Ewing has already started to get up. “The court will recess for one hour,” he declares. “Opposing counsel will meet me in chambers.”
Ewing, the Federal and state Penal Codes open on his desk, is leafing through the search and seizure sections. He looks up at Logan. “What do you think?” he asks the D.A. “He’s your witness.”
“The officer acted properly within the law, Your Honor,” Logan insists. “He stops a man who’s driving erratically, he sees there’s an open bottle in the car, that not only grants him the right to search the rest of the car that isn’t locked, it’s dangerous for him not to. What if there
is
a gun hidden under the seat, and the driver decides to use it? He knows there’s an outstanding charge against him and he doesn’t want to come in. Bingo, one dead police officer.”
Ewing is listening sympathetically.
“Once the officer found the key ring in Allison’s car, the case moved beyond a simple DUI,” Logan continues. “You don’t waste time testing someone who might be a murder suspect. You bring him in for questioning as fast as you can.”
Ewing nods. “That sounds reasonable to me,” he says to Luke.
Luke shakes his head. “I disagree. The man produced his license and registration. He’s out of the car. How can he get his hands on a gun
inside
his glove compartment if he’s
outside
his car?
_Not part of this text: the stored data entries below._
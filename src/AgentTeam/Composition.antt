-- ===== src/AgentTeam/Composition.antt =====
-- agentTeam/composition.ts: `composeEffectiveAgents`. Each `for` loop is a function over the values
-- that it walks through and the map or sets that it fills.
use discordagent.Base.{
  String, not, Option, none, some, List, [], ◌∷◌, ◌==◌, Result, ok, ◌>>=◌, ◌>>◌, throw_if,
}
use discordagent.Dict.{Dict, get, set, values}
use discordagent.AgentTeam.Contracts.{
  ContractReference, AgentIdentity, RoleContract, OperatorProfile, AssignmentContext,
  DiscordBinding, AgentTeamConfiguration, TeamError, binding_assignment_conflict,
}
use discordagent.AgentTeam.Checks.{
  demand, index_unique, require_reference, normalized_capabilities, assert_subset,
}

-- The five maps that `indexUnique` builds.
pub record Indexes : Type 0 where
  pub identities : Dict AgentIdentity
  pub roles : Dict RoleContract
  pub operator_profiles : Dict OperatorProfile
  pub assignments : Dict AssignmentContext
  pub bindings : Dict DiscordBinding

-- The four capability maps and the runtime's set.
pub record Authorities : Type 0 where
  pub role : Dict (List String)
  pub operator : Dict (List String)
  pub assignment : Dict (List String)
  pub binding : Dict (List String)
  pub runtime : List String

-- `x ?? []`.
abbrev pub or_none : Option (List String) → List String
or_none none = []
or_none (some l) = l

unfoldable pub build_indexes : AgentTeamConfiguration → Result TeamError Indexes
build_indexes c = do
  identities ← index_unique (λ i. i.id) (λ i. i.revision) "identity" c.identities
  roles ← index_unique (λ i. i.id) (λ i. i.revision) "role" c.roles
  operator_profiles ←
      index_unique (λ i. i.id) (λ i. i.revision) "operator profile" c.operator_profiles
  assignments ← index_unique (λ i. i.id) (λ i. i.revision) "assignment" c.assignments
  bindings ← index_unique (λ i. i.id) (λ i. i.revision) "Discord binding" c.bindings
  ok (record {
    identities = identities;
    roles = roles;
    operator_profiles = operator_profiles;
    assignments = assignments;
    bindings = bindings;
  })

module _ (x : Indexes) where
  unfoldable pub find_identity :
      String → String → ContractReference → Result TeamError AgentIdentity
  find_identity kind id ref =
      require_reference (λ i. i.id) (λ i. i.revision) "identity" kind id ref x.identities

  unfoldable pub find_role : String → String → ContractReference → Result TeamError RoleContract
  find_role kind id ref = require_reference (λ i. i.id) (λ i. i.revision) "role" kind id ref x.roles

  unfoldable pub find_operator :
      String → String → ContractReference → Result TeamError OperatorProfile
  find_operator kind id ref =
      require_reference (λ i. i.id) (λ i. i.revision) "operator profile" kind id ref
        x.operator_profiles

  unfoldable pub find_assignment :
      String → String → ContractReference → Result TeamError AssignmentContext
  find_assignment kind id ref =
      require_reference (λ i. i.id) (λ i. i.revision) "assignment" kind id ref x.assignments

  unfoldable pub find_binding :
      String → String → ContractReference → Result TeamError DiscordBinding
  find_binding kind id ref =
      require_reference (λ i. i.id) (λ i. i.revision) "Discord binding" kind id ref x.bindings

  -- The body of the loop over `roles.values()`.
  unfoldable pub role_authority : RoleContract → Result TeamError (List String)
  role_authority role = do
    _identity ← find_identity "role" role.id role.identity
    normalized_capabilities "role" role.id role.authority

  -- The body of the loop over `operatorProfiles.values()`.
  unfoldable pub operator_authority : OperatorProfile → Result TeamError (List String)
  operator_authority profile =
      normalized_capabilities "operator profile" profile.id (or_none profile.eligible_capabilities)

  -- The body of the loop over `assignments.values()`.
  unfoldable pub assignment_authority :
      Dict (List String) → Dict (List String) → AssignmentContext → Result TeamError (List String)
  assignment_authority role_caps operator_caps assignment = do
    role ← find_role "assignment" assignment.id assignment.role
    profile ← find_operator "assignment" assignment.id assignment.operator_profile
    of_role ← demand (get role.id role_caps)
    of_operator ← demand (get profile.id operator_caps)
    caps ← normalized_capabilities "assignment" assignment.id assignment.allowed_capabilities
    assert_subset "operator profile" profile.id of_operator of_role
    assert_subset "assignment" assignment.id caps of_role
    ok caps

  -- The body of the loop over `bindings.values()`.
  unfoldable pub binding_authority :
      Dict (List String) → DiscordBinding → Result TeamError (List String)
  binding_authority role_caps binding = do
    identity ← find_identity "Discord binding" binding.id binding.identity
    assignment ← find_assignment "Discord binding" binding.id binding.assignment
    role ← find_role "assignment" assignment.id assignment.role
    throw_if (not (role.identity.id == identity.id))
        (binding_assignment_conflict binding.id assignment.id)
    caps ← normalized_capabilities "Discord binding" binding.id binding.eligible_capabilities
    of_role ← demand (get role.id role_caps)
    assert_subset "Discord binding" binding.id caps of_role
    ok caps

-- `for (const v of index.values()) { …; result.set(v.id, caps); }`, with the body that yields `caps`.
module _ {V : Type 0} (id_of : V → String) (body : V → Result TeamError (List String)) where
  unfoldable pub fill : Dict (List String) → List V → Result TeamError (Dict (List String))
  fill acc [] = ok acc
  fill acc (v ∷ vs) = do caps ← body v; fill (set (id_of v) caps acc) vs

unfoldable pub build_authorities : AgentTeamConfiguration → Indexes → Result TeamError Authorities
build_authorities c x = do
  runtime ←
      normalized_capabilities "runtime safety policy" "runtime"
        c.runtime_safety.allowed_capabilities
  role ← fill (λ r. r.id) (role_authority x) [] (values x.roles)
  operator ← fill (λ o. o.id) (operator_authority x) [] (values x.operator_profiles)
  assignment ← fill (λ p. p.id) (assignment_authority x role operator) [] (values x.assignments)
  binding ← fill (λ b. b.id) (binding_authority x role) [] (values x.bindings)
  ok (record {
    role = role;
    operator = operator;
    assignment = assignment;
    binding = binding;
    runtime = runtime;
  })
The procedure is to check out his license and registration, find out if there are any outstanding warrants on him, field-test him for sobriety. If he fails, you cite him for drunk driving and having an open bottle in his car—they go together, it’s a good bust. But if he passes, you take the bottle, write up a ticket, send him on his merry way,
because he isn’t drunk
. Anyway,” he adds, “it’s a lot more complicated than simple DUI and having an open bottle, because of the subsequent investigation at the jail.” He takes the sheets of paper from the folder he’s been carrying, hands them to Ewing. “And this.”